■ BRIEF ■
Up to and including the line with "pub mod Job", output the records exactly as they appear.

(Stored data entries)
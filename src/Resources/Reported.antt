-- ===== src/Resources/Reported.antt =====
-- The hand-written resources never leave a state as it was without an error, and leave it where a
-- request fails.
pub mod Requests
pub mod Feed
pub mod Key
pub mod Job
pub mod Password
use terraform_provider_uapi.Base.{
  String, Bool, true, false, ◌≡◌, refl, not, none, some, is_some, Option, List, [], ◌∷◌, ◌++◌,
  arith,
}
use terraform_provider_uapi.Base.Text.{◌<>◌}
use terraform_provider_uapi.Any.{Object, str, end, entry}
use terraform_provider_uapi.Framework.{Diagnostic, is_error, value_string}
use terraform_provider_uapi.Platform.{Platform}
use terraform_provider_uapi.Client.Error.{Error}
use terraform_provider_uapi.Client.World.{Env, World, post}
use terraform_provider_uapi.Client.Request.{Client}
use terraform_provider_uapi.Client.Objects.{
  Fetched, missing, found, Written, written, get_object, write_object, delete_object,
}
use terraform_provider_uapi.Provider.Crud.{Decoded, StateChange}
use terraform_provider_uapi.Provider.Reported.{
  IsReported, is_refused, is_unread, is_missing, fails_behind, gone_behind, always_sent,
  error-IsReported, save-IsReported, guarded-IsReported, guarded_write-IsReported,
  write_err-is_error,
}
use terraform_provider_uapi.Resources.CronJob
use terraform_provider_uapi.Resources.PackageFeed
use terraform_provider_uapi.Resources.AuthorizedKey
use terraform_provider_uapi.Resources.SystemPassword
use terraform_provider_uapi.Resources.Reported.Requests.{
  post_refused, get_fails, get_misses, delete_refused, delete_accepted, AllReported,
}
use terraform_provider_uapi.Resources.Reported.Feed
use terraform_provider_uapi.Resources.Reported.Key
use terraform_provider_uapi.Resources.Reported.Job
use terraform_provider_uapi.Resources.Reported.Password

-- The creates, refreshes, updates and deletes of a package feed, an authorized key and a cron job,
-- and the setting and the refresh of a password: one whose input does not decode, or whose request
-- is refused, leaves the state alone, and none leaves it alone without an error shown. A state is
-- removed exactly by a delete that is accepted, and by a refresh, or a feed's update, that finds
-- the object gone. The update of a key or a job and the refresh of a password send nothing.
pub hand_written-IsReported :
    (set_feed : PackageFeed.Model → List Diagnostic)
    (set_key : AuthorizedKey.Model → List Diagnostic) (set_job : CronJob.Model → List Diagnostic)
    (set_user : SystemPassword.Model → List Diagnostic) (feed : Decoded PackageFeed.Model)
    (key : Decoded AuthorizedKey.Model) (job : Decoded CronJob.Model)
    (password config : Decoded SystemPassword.Model) (p : Platform) (c : Client) (env : Env)
    (w : World)
    → AllReported p c env w
        ("/" <> PackageFeed.collection)
        ("/" <> PackageFeed.collection <> "/" <> value_string feed.0.id)
        (entry "name"
          (str (value_string feed.0.name))
          (entry "url" (str (value_string feed.0.url)) end))
        feed.1
        (PackageFeed.create set_feed p c feed env w)
        (PackageFeed.refresh set_feed p c feed env w)
        (PackageFeed.destroy set_feed p c feed env w)
      × IsReported
          (fails_behind feed.1
            (get_fails p c ("/" <> PackageFeed.collection <> "/" <> value_string feed.0.id) env)
            w)
          (gone_behind feed.1
            (get_misses p c ("/" <> PackageFeed.collection <> "/" <> value_string feed.0.id) env)
            w)
          (PackageFeed.update set_feed p c feed env w)
      × AllReported p c env w
          ("/" <> AuthorizedKey.collection)
          ("/" <> AuthorizedKey.collection <> "/" <> value_string key.0.id)
          (entry "key" (str (value_string key.0.key)) end)
          key.1
          (AuthorizedKey.create set_key p c key env w)
          (AuthorizedKey.refresh set_key p c key env w)
          (AuthorizedKey.destroy set_key p c key env w)
      × IsReported
          (fails_behind key.1 always_sent w)
          false
          (AuthorizedKey.update set_key p key env w)
      × AllReported p c env w CronJob.collection
          (CronJob.collection <> "/" <> value_string job.0.id)
          (entry "schedule"
            (str (value_string job.0.schedule))
            (entry "command" (str (value_string job.0.command)) end))
          job.1
          (CronJob.create set_job p c job env w)
          (CronJob.refresh set_job p c job env w)
          (CronJob.destroy set_job p c job env w)
      × IsReported (fails_behind job.1 always_sent w) false (CronJob.update set_job p job env w)
      × IsReported
          (fails_behind config.1
            (post_refused p c "/system/password" env (
              entry "user"
                (str (value_string password.0.user))
                (entry "password" (str (value_string config.0.password_wo)) end)))
            (record w { diags = w.diags ++ password.1 }))
          false
          (SystemPassword.set_password set_user p c password config env w)
      × IsReported
          (fails_behind password.1 always_sent w)
          false
          (SystemPassword.refresh set_user p password env w)
hand_written-IsReported set_feed set_key set_job set_user feed key job password config p c env w = (
  Feed.package_feed-AllReported set_feed p c feed env w,
  Feed.package_feed_update-IsReported set_feed p c feed env w,
  Key.authorized_key-AllReported set_key p c key env w,
  Key.authorized_key_update-IsReported set_key p c key env w,
  Job.cron_job-AllReported set_job p c job env w,
  Job.cron_job_update-IsReported set_job p c job env w,
  (Password.system_password-IsReported set_user p c password config env w).0,
  (Password.system_password-IsReported set_user p c password config env w).1,
)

■ RESULT FOR THIS EXERCISE ■
filename src/Resources/Reported.antt
-- ===== src/Resources/Reported.antt =====
-- The hand-written resources never leave a state as it was without an error, and leave it where a
-- request fails.
pub mod Requests
pub mod Feed
pub mod Key
pub mod Job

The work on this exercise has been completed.